Type Ia - This is the most common type of natural diamond, containing up to 0.3% nitrogen.
Clustered nitrogen atoms. Colourless to Yellow. 98% of all diamonds are Type Ia.
Type Ib - Very few natural diamonds are this type (~0.1%), but nearly all synthetic industrial diamonds are. Type Ib diamonds contain up to 500 ppm nitrogen. These diamonds about 0.1% prevalent.
Isolated Nitrogen Atoms. Orange, Orange Yellow to Brown.
Depending on the precise concentration and spread of the nitrogen atoms, these diamonds can appear deep yellow ("canary"), orange, brown or greenish.
Type IIa - This type is very rare in nature. Type IIa diamonds contain so little nitrogen that it isn't readily detected using infrared or ultraviolet absorption methods. No specific colour centre.
Yellow, Brown , Pink and Purple Type IIa diamonds have been documented. These diamonds are 1% to 2% prevalent.

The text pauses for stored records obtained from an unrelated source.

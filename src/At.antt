-- ===== src/At.antt =====
-- src/at.c and inc/at.h: responses of a modem. A pointer into a
-- response's buffer is what stands from there on. `alloc` gives a negative number for NULL.
pub mod Lines
mod Tests
use ldal.Base.{
  ℕ, zero, suc, ◌+◌, ℤ, negsuc, is_neg, Bool, true, false, ◌||◌, Option, none, some, [], ◌∷◌, ◌++◌,
  ltb, ◌==◌, if◌then◌else◌, take, drop, length, replicate,
}
use ldal.Kernel.{Bytes, alloc, free_mem, Io, pure, call, ◌>>=◌, ◌>>◌}
use ldal.Socket.{text_of}

-- `struct at_response`.
pub record Response : Type 0 where
  pub buf : Bytes
  pub buf_size : ℕ
  pub buf_len : ℕ
  pub line_num : ℕ
  pub line_counts : ℕ
  pub timeout : ℤ

-- `sizeof(struct at_response)`.
abbrev pub size_of_response : ℕ
size_of_response = 48

unfoldable pub at_create_resp : (buf_size line_num : ℕ) → ℤ → Io (Option Response)
at_create_resp buf_size line_num timeout = do
  resp ← call (alloc size_of_response)
  if is_neg resp.ret then pure none else do
    buf ← call (alloc buf_size)
    if is_neg buf.ret
        then (do call free_mem; pure none)
        else pure (
            some (record {
              buf = replicate buf_size 0;
              buf_size = buf_size;
              buf_len = 0;
              line_num = line_num;
              line_counts = 0;
              timeout = timeout;
            }))

-- The buffer of a response is never NULL.
unfoldable pub at_delete_resp : Option Response → Io (Unit {0})
at_delete_resp none = pure tt
at_delete_resp (some resp) = do call free_mem; call free_mem; pure tt

-- The result tells whether NULL was not returned. What `realloc` adds is whatever stands there.
unfoldable pub at_resp_set_info : Response → (buf_size line_num : ℕ) → ℤ → Io (Bool × Response)
at_resp_set_info resp buf_size line_num timeout =
    if resp.buf_size == buf_size
    then pure (true, record resp { line_num = line_num; timeout = timeout })
    else do
      grown ← call (alloc buf_size)
      if is_neg grown.ret
          then pure (false, record resp { buf_size = buf_size })
          else pure (
            true,
            record resp {
              buf = take buf_size (resp.buf ++ grown.payload);
              buf_size = buf_size;
              line_num = line_num;
              timeout = timeout;
            },
          )

-- `for (; line_num <= line_counts; line_num++) { if (test) return buf; buf += strlen(buf) + 1; }`
pub scan_lines : ℕ → (ℕ → Bytes → Bool) → ℕ → Bytes → Option Bytes
scan_lines zero test line_num buf = none
scan_lines (suc rounds) test line_num buf =
    let rest = scan_lines rounds test (line_num + 1) (drop (length (text_of buf) + 1) buf) in
    if test line_num buf then some buf else rest

unfoldable pub at_resp_get_line : Response → ℕ → Option Bytes
unfolding scan_lines
at_resp_get_line resp resp_line =
    if ltb resp.line_counts resp_line || resp_line == 0
    then none
    else scan_lines resp.line_counts (λ line_num _. resp_line == line_num) 1 resp.buf

pub starts_with : Bytes → Bytes → Bool
starts_with s [] = true
starts_with [] (c ∷ w) = false
starts_with (d ∷ s) (c ∷ w) = if d == c then starts_with s w else false

-- `strstr(s, w) != NULL`, on the text of `s`.
unfoldable pub strstr : Bytes → Bytes → Bool
unfolding starts_with
strstr [] w = starts_with [] w
strstr (c ∷ s) w = starts_with (c ∷ s) w || strstr s w

unfoldable pub at_resp_get_line_by_kw : Response → Bytes → Option Bytes
unfolding scan_lines
at_resp_get_line_by_kw resp keyword =
    scan_lines resp.line_counts (λ _ buf. strstr (text_of buf) keyword) 1 resp.buf

-- `sscanf s` is the number of arguments that `vsscanf` reads from the text with the expression.
module _ (sscanf : Bytes → ℤ) where
  parse_line : Option Bytes → ℤ
  parse_line none = negsuc 0
  parse_line (some s) = sscanf (text_of s)

  unfoldable pub at_resp_parse_line_args : Response → ℕ → ℤ
  unfolding parse_line
  at_resp_parse_line_args resp resp_line = parse_line (at_resp_get_line resp resp_line)

  unfoldable pub at_resp_parse_line_args_by_kw : Response → Bytes → ℤ
  unfolding parse_line
  at_resp_parse_line_args_by_kw resp keyword = parse_line (at_resp_get_line_by_kw resp keyword)
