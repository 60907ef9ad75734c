-- ===== src/Socket/Decimal.antt =====
-- Ports are read back as they are printed.
use ldal.Base.{
  ℕ, zero, suc, ◌+◌, ◌-◌, ◌*◌, ◌/◌, ◌%◌, ◌^◌, ◌≤◌, ◌<◌, ◌≡◌, [], ◌∷◌, ◌++◌, arith, inl, inr,
  Bool-cases, ltb,
}
use native.Mathlib.Nat.{pow-suc}
use ldal.Kernel.{Bytes}
use ldal.Socket.{print_digits, read_digits}

-- Every byte is a digit.
abbrev pub Digits : Bytes → Type 0
Digits [] = Unit {0}
Digits (c ∷ s) = (48 ≤ c) × (c ≤ 57) × Digits s

Digits-append_one : (s : Bytes) (c : ℕ) → Digits s → 48 ≤ c → c ≤ 57 → Digits (s ++ c ∷ [])
Digits-append_one [] c d lo hi = (lo, hi, tt)
Digits-append_one (x ∷ s) c d lo hi = (d.0, d.1, Digits-append_one s c d.2 lo hi)

pub Digits-print_digits : (fuel n : ℕ) → Digits (print_digits fuel n)
unfolding print_digits
Digits-print_digits zero n = tt
Digits-print_digits (suc fuel) n = ground (
  arith,
  Digits-append_one (print_digits fuel (n / 10)) (48 + n % 10) (Digits-print_digits fuel (n / 10)),
)

read_digits-append_one :
    (s : Bytes) (c v : ℕ)
    → Digits s
    → 48 ≤ c
    → c ≤ 57
    → read_digits v (s ++ c ∷ []) ≡ read_digits v s * 10 + (c - 48)
unfolding read_digits
read_digits-append_one [] c v d lo hi = ground arith
read_digits-append_one (x ∷ s) c v d lo hi =
    ground (arith, read_digits-append_one s c (v * 10 + (x - 48)) d.2 lo hi)

pub read_digits-print_digits :
    (fuel n : ℕ) → n < 10 ^ fuel → read_digits 0 (print_digits fuel n) ≡ n
unfolding print_digits read_digits
read_digits-print_digits zero n h = omega arith
read_digits-print_digits (suc fuel) n h = elim (Bool-cases (ltb n 10)) [
  | inl one ↦ rw one (ground arith)
  | inr more ↦
      let small : n / 10 < 10 ^ fuel = omega (arith, pow-suc 10 fuel) in
      rw
        (
          more,
          read_digits-append_one (print_digits fuel (n / 10)) (48 + n % 10) 0
              (Digits-print_digits fuel (n / 10)) (omega arith) (omega arith),
          read_digits-print_digits fuel (n / 10) small,
        )
        (omega arith)
]
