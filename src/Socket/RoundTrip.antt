-- ===== src/Socket/RoundTrip.antt =====
-- The address that a socket class prints into the file name is the one that it reads from it.
use ldal.Base.{
  zero, suc, ◌≤◌, length, length-append, take, ℕ, ◌+◌, ◌/◌, ◌%◌, ◌^◌, ◌<◌, ◌≡◌, refl, ◌∙◌, ap, ◌≢◌,
  ◌⊎◌, some, [], ◌∷◌, ◌++◌, arith,
}
use ldal.Kernel.{Bytes}
use ldal.Socket.{
  text_of, print_digits, print_port, read_digits, atoi16, skip_colons, token, after_token, strtok,
  parse_address, print_address, ipstr_size,
}
use ldal.Socket.Decimal.{Digits, Digits-print_digits, read_digits-print_digits}

-- The byte does not stand in the text.
abbrev pub Lacks : ℕ → Bytes → Type 0
Lacks b [] = Unit {0}
Lacks b (c ∷ s) = (c ≢ b) × Lacks b s

Lacks-Digits : (b : ℕ) (s : Bytes) → (b < 48) ⊎ (57 < b) → Digits s → Lacks b s
Lacks-Digits b [] h d = tt
Lacks-Digits b (c ∷ s) h d = (omega arith, Lacks-Digits b s h d.2)

Lacks-append : (b : ℕ) (s t : Bytes) → Lacks b s → Lacks b t → Lacks b (s ++ t)
Lacks-append b [] t p q = q
Lacks-append b (c ∷ s) t p q = (p.0, Lacks-append b s t p.1 q)

pub text_of-append : (s rest : Bytes) → Lacks 0 s → text_of (s ++ (0 ∷ rest)) ≡ s
unfolding text_of
text_of-append [] rest p = refl
text_of-append (c ∷ s) rest p = ground (arith, text_of-append s rest)

-- A text that stands with its NUL within two cuts is not shortened by them.
text_of-take :
    (n k : ℕ) (s rest : Bytes)
    → Lacks 0 s
    → length s < n
    → length s < k
    → text_of (take n (take k (s ++ (0 ∷ rest)))) ≡ s
unfolding text_of
text_of-take zero k s rest p f g = absurd (omega arith)
text_of-take (suc n) zero s rest p f g = absurd (omega arith)
text_of-take (suc n) (suc k) [] rest p f g = refl
text_of-take (suc n) (suc k) (c ∷ s) rest p f g =
    ground (arith, text_of-take n k s rest p.1 (omega arith) (omega arith))

length-print_digits : (fuel n : ℕ) → length (print_digits fuel n) ≤ fuel
unfolding print_digits
length-print_digits zero n = omega arith
length-print_digits (suc fuel) n = ground (
  arith,
  length-print_digits fuel (n / 10),
  length-append (print_digits fuel (n / 10)) ((48 + n % 10) ∷ []),
)

token-append : (s t : Bytes) → Lacks b':' s → token (s ++ (b':' ∷ t)) ≡ s
unfolding token
token-append [] t p = refl
token-append (c ∷ s) t p = ground (arith, token-append s t)

after_token-append : (s t : Bytes) → Lacks b':' s → after_token (s ++ (b':' ∷ t)) ≡ t
unfolding after_token
after_token-append [] t p = refl
after_token-append (c ∷ s) t p = ground (arith, after_token-append s t)

token-all : (s : Bytes) → Lacks b':' s → token s ≡ s
unfolding token
token-all [] p = refl
token-all (c ∷ s) p = ground (arith, token-all s)

-- The first token is what stands before the colon.
strtok-append :
    (c : ℕ) (s t : Bytes) → Lacks b':' (c ∷ s) → strtok (c ∷ s ++ (b':' ∷ t)) ≡ some (c ∷ s, t)
unfolding strtok
strtok-append c s t p = rw (
  unskipped c (s ++ (b':' ∷ t)) p.0,
  strtok,
  token-append (c ∷ s) t p,
  after_token-append (c ∷ s) t p,
)
  where
    unskipped : (b : ℕ) (r : Bytes) → b ≢ b':' → skip_colons (b ∷ r) ≡ b ∷ r
    unskipped b r h = ground arith

atoi16-Digits :
    (s : Bytes) → Digits s → s ≢ [] → read_digits 0 s < 2 ^ 16 → atoi16 s ≡ read_digits 0 s
unfolding atoi16
atoi16-Digits [] d ne h = absurd (ne refl)
atoi16-Digits (c ∷ s) d ne h = ground arith

-- A text of digits is one token, read as the number that it shows.
strtok-Digits : (s : Bytes) → Digits s → s ≢ [] → (rest : Bytes) × (strtok s ≡ some (s, rest))
unfolding strtok
strtok-Digits [] d ne = absurd (ne refl)
strtok-Digits (c ∷ s) d ne = (
  after_token (c ∷ s),
  ground (arith, token-all (c ∷ s) (Lacks-Digits b':' (c ∷ s) (omega arith) d)),
)

append_one-ne_nil : (s : Bytes) (c : ℕ) → s ++ c ∷ [] ≢ []
append_one-ne_nil [] c e = cc
append_one-ne_nil (x ∷ s) c e = cc

print_port-ne_nil : (port : ℕ) → print_port port ≢ []
unfolding print_digits
print_port-ne_nil port e =
    ground (arith, append_one-ne_nil (print_digits 4 (port / 10)) (48 + port % 10))

-- What `set_server_addr` prints into the file name, `import_ipaddr_from_filename` reads back: the
-- text of the host and the port, for a host that is not empty, has neither a NUL nor a colon and
-- leaves room for the colon, five digits and a NUL in the buffer of up to 64 bytes, and a 16-bit port.
pub parse_address-print_address :
    (filename host : Bytes) (port : ℕ)
    → host ≢ []
    → Lacks 0 host
    → Lacks b':' host
    → port < 2 ^ 16
    → length host + 7 ≤ length filename
    → length filename ≤ ipstr_size
    → parse_address (print_address filename host port) ≡ some (host, port)
unfolding parse_address print_address
parse_address-print_address filename [] port ne p q h room size = absurd (ne refl)
parse_address-print_address filename (c ∷ host) port ne p q h room size =
    let digits = print_port port in
    let shown = Digits-print_digits 5 port in
    let (rest, one) = strtok-Digits digits shown (print_port-ne_nil port) in
    let short = length-print_digits 5 port in
    let long = length-append (c ∷ host) (b':' ∷ digits) in
    let value : read_digits 0 digits ≡ port = read_digits-print_digits 5 port (omega arith) in
    rw
      (
        text_of-take ipstr_size (length filename) (c ∷ host ++ (b':' ∷ digits)) _
            (Lacks-append 0 (c ∷ host) (b':' ∷ digits) p
              (omega arith, Lacks-Digits 0 digits (omega arith) shown))
            (omega (arith, short, long, room, size)) (omega (arith, short, long, room)),
        parse_address,
        strtok-append c host digits q,
        one,
      )
      (ap (λ n. some (c ∷ host, n))
        (atoi16-Digits digits shown (print_port-ne_nil port) (omega (arith, value)) ∙ value))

These diamonds can be considered as the "purest of the pure" - they contain no, or minuscule amounts of impurities, are usually colourless, highly transparent and can be a higher colour grade than D.
Type IIb - This type is the rarest in nature. Type IIb diamonds contain no measurable amounts of nitrogen (even lower than type IIa) that the crystal is a p-type semiconductor.
These diamonds contain no nitrogen - but they contain boron, which absorbs red, orange and yellow light. These diamonds therefore usually appear to be blue, although they can also be grey or nearly colorless. All naturally blue diamonds belong to Type IIb, which makes up 0.1% of all diamonds.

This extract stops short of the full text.